→ **Saved data entries**:
= Beginning of Section =
-- ===== src/Serial.antt =====
-- The serial port: sw/spyvspy/serial.h and serial.cpp. The line's far end is the list of what each
-- call of `select` will report. Failures of `select` other than an unplugged device, and failures of
-- `read` and `write` on an open device, are not modelled.
pub mod Wait
pub mod Progress
pub mod Silence
pub mod Keeps
pub mod Setup
use yamashnik.Prelude.{
  ℕ, zero, suc, Bool, true, false, List, [], ◌∷◌, ◌++◌, Bytes, Run, done, exited, fault, running,
  ◌>>=◌, leb, if◌then◌else◌, length, take, drop,
}

-- What one `select` reports: the time-out passed, the device is gone, or these bytes can be read.
pub data Event : Type 0 where
  silence unplugged : Event
  arrived : Bytes → Event

-- `sent` is all that was written so far. Behind the end of `input` the line is silent.
pub record Port : Type 0 where
  pub sent : Bytes
  pub input : List Event

-- `SendByte`, once for each byte
abbrev pub transmit : Bytes → Port → Port
transmit bs p = record p { sent = p.sent ++ bs }

unfoldable pub read_events : ℕ → List Event → Bytes × List Event
read_events n (arrived bs ∷ es) =
    (take n bs, if leb (length bs) n then es else arrived (drop n bs) ∷ es)
read_events n es = ([], es)

-- `read(buf, n)`: at most `n` of the bytes that are waiting; the others stay.
unfoldable pub read : ℕ → Port → Bytes × Port
unfolding read_events
read n p = let (bs, es) = read_events n p.input in (bs, record p { input = es })

-- A port with its listener, the object whose `RxHandler` is called.
pub record Device (L : Type 0) : Type 0 where
  pub port : Port
  pub self : L

-- `RxHandler`
abbrev pub Handler : Type 0 → Type 0
Handler L = Device L → Run (Bool × Device L)

module _ {L : Type 0} where
  -- One round of the loop of `waitRx`, up to the counter.
  unfoldable pub attempt_on : Handler L → List Event → Device L → Run (Bool × Device L)
  attempt_on handler [] d = done (false, d)
  attempt_on handler (silence ∷ es) d =
      done (false, record d { port = record (d.port) { input = es } })
  attempt_on handler (unplugged ∷ es) d = exited
  attempt_on handler (arrived bs ∷ es) d = handler d

  unfoldable pub attempt : Handler L → Handler L
  unfolding attempt_on
  attempt handler d = attempt_on handler d.port.input d

  -- A round with `left` rounds behind it.
  unfoldable pub rounds : Handler L → ℕ → Handler L
  rounds handler zero d = attempt handler d
  rounds handler (suc left) d = attempt handler d >>= λ (got, d'). elim got [
    | true ↦ done (true, d')
    | false ↦ rounds handler left d'
  ]

  -- `waitRx(intents)`. With no intents the counter would run past the largest `int`.
  unfoldable pub wait_rx : Handler L → ℕ → Handler L
  wait_rx handler zero d = fault
  wait_rx handler (suc left) d = rounds handler left d

  -- `while (!body());` on fuel
  unfoldable pub until : ℕ → Handler L → Device L → Run (Device L)
  until zero body d = running
  until (suc fuel) body d =
      body d >>= λ (got, d'). elim got [ true ↦ done d' | false ↦ until fuel body d' ]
= End of Section =
→ **PROBLEM TO SOLVE**: Each entry above has to be transcribed exactly as it appears.

→ **ANSWER FOR THE TASK**:
-- ===== src/Serial.antt =====
-- The serial port: sw/spyvspy/serial.h and serial.cpp. The line's far end is the list of what each
-- call of `select` will report. Failures of `select` other than an unplugged device, and failures of
-- `read` and `write` on an open device, are not modelled.
pub mod Wait
pub mod Progress
pub mod Silence
pub mod Keeps
pub mod Setup
use yamashnik.Prelude.{
  ℕ, zero, suc, Bool, true, false, List, [], ◌∷◌, ◌++◌, Bytes, Run, done, exited, fault, running,
  ◌>>=◌, leb, if◌then◌else◌, length, take, drop,
}

-- What one `select` reports: the time-out passed, the device is gone, or these bytes can be read.
pub data Event : Type 0 where
  silence unplugged : Event
  arrived : Bytes → Event

-- `sent` is all that was written so far. Behind the end of `input` the line is silent.
pub record Port : Type 0 where
  pub sent : Bytes
  pub input : List Event

-- `SendByte`, once for each byte
abbrev pub transmit : Bytes → Port → Port
transmit bs p = record p { sent = p.sent ++ bs }

unfoldable pub read_events : ℕ → List Event → Bytes × List Event
read_events n (arrived bs ∷ es) =
    (take n bs, if leb (length bs) n then es else arrived (drop n bs) ∷ es)
read_events n es = ([], es)

-- `read(buf, n)`: at most `n` of the bytes that are waiting; the others stay.
unfoldable pub read : ℕ → Port → Bytes × Port
unfolding read_events
read n p = let (bs, es) = read_events n p.input in (bs, record p { input = es })

-- A port with its listener, the object whose `RxHandler` is called.
pub record Device (L : Type 0) : Type 0 where
  pub port : Port
  pub self : L

-- `RxHandler`
abbrev pub Handler : Type 0 → Type 0
Handler L = Device L → Run (Bool × Device L)

module _ {L : Type 0} where
  -- One round of the loop of `waitRx`, up to the counter.
  unfoldable pub attempt_on : Handler L → List Event → Device L → Run (Bool × Device L)
  attempt_on handler [] d = done (false, d)
  attempt_on handler (silence ∷ es) d =
      done (false, record d { port = record (d.port) { input = es } })
  attempt_on handler (unplugged ∷ es) d = exited
  attempt_on handler (arrived bs ∷ es) d = handler d

  unfoldable pub attempt : Handler L → Handler L
  unfolding attempt_on
  attempt handler d = attempt_on handler d.port.input d

  -- A round with `left` rounds behind it.
  unfoldable pub rounds : Handler L → ℕ → Handler L
  rounds handler zero d = attempt handler d
  rounds handler (suc left) d = attempt handler d >>= λ (got, d'). elim got [
    | true ↦ done (true, d')
    | false ↦ rounds handler left d'
  ]

  -- `waitRx(intents)`. With no intents the counter would run past the largest `int`.
  unfoldable pub wait_rx : Handler L → ℕ → Handler L
  wait_rx handler zero d = fault
  wait_rx handler (suc left) d = rounds handler left d

  -- `while (!body());` on fuel
  unfoldable pub until : ℕ → Handler L → Device L → Run (Device L)
  until zero body d = running
  until (suc fuel) body d =
      body d >>= λ (got, d'). elim got [ true ↦ done d' | false ↦ until fuel body d' ]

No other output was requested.